» **Task statement**: Your answer should be every line of the records that contains the word "abbrev".

» **Input material**:
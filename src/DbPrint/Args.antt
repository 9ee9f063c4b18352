-- ===== src/DbPrint/Args.antt =====
-- The command line of bin/print.rs.
use ever_node_tools.Prelude.{String, ◌≡◌, refl, Bool, true, Option, some, List, [], ◌∷◌}
use ever_node_tools.Clap.{Arg, with_name, Matches, HasDefaults}

-- What `main` asks of the matches.
pub record Options : Type 0 where
  pub path : Option String
  pub block : Option String
  pub state : Option String
  pub shards : Option String
  pub last_accounts : Bool
  pub boc : Option String
  pub brief : Bool

abbrev pub options_of : Matches → Options
options_of args = record {
  path = args.value_of "PATH";
  block = args.value_of "BLOCK";
  state = args.value_of "STATE";
  shards = args.value_of "SHARDS";
  last_accounts = args.is_present "LAST_ACCOUNTS";
  boc = args.value_of "BOC";
  brief = args.is_present "BRIEF";
}

abbrev pub print_args : List Arg
print_args =
    record (with_name "PATH") {
      short = some "p";
      long = some "path";
      help = some "path to DB";
      default_value = some "node_db";
      takes_value = true;
      number_of_values = some 1;
    }
    ∷ record (with_name "BLOCK") {
      short = some "b";
      long = some "block";
      help = some "print block";
      takes_value = true;
      number_of_values = some 1;
    }
    ∷ record (with_name "STATE") {
      short = some "s";
      long = some "state";
      help = some "print state";
      takes_value = true;
      number_of_values = some 1;
    }
    ∷ record (with_name "SHARDS") {
      short = some "r";
      long = some "shards";
      help = some "shard ids from master with seqno";
      takes_value = true;
      number_of_values = some 1;
    }
    ∷ record (with_name "LAST_ACCOUNTS") {
      long = some "accounts";
      help =
          some
            "print all accounts from all shards of workchains and masterchain for last applied state";
    }
    ∷ record (with_name "BOC") {
      short = some "c";
      long = some "boc";
      help = some "print containtment of bag of cells";
      takes_value = true;
      number_of_values = some 1;
    }
    ∷ record (with_name "BRIEF") {
      short = some "i";
      long = some "brief";
      help =
          some
            "print brief info (block without messages and transactions, state without accounts) ";
    }
    ∷ []

-- The path of the database is always given.
pub path_given :
    (args : Matches)
    → HasDefaults print_args args
    → (path : String) × ((options_of args).path ≡ some path)
path_given args defaults = defaults.0 "node_db" refl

» **The answer**:
abbrev pub options_of : Matches → Options
abbrev pub print_args : List Arg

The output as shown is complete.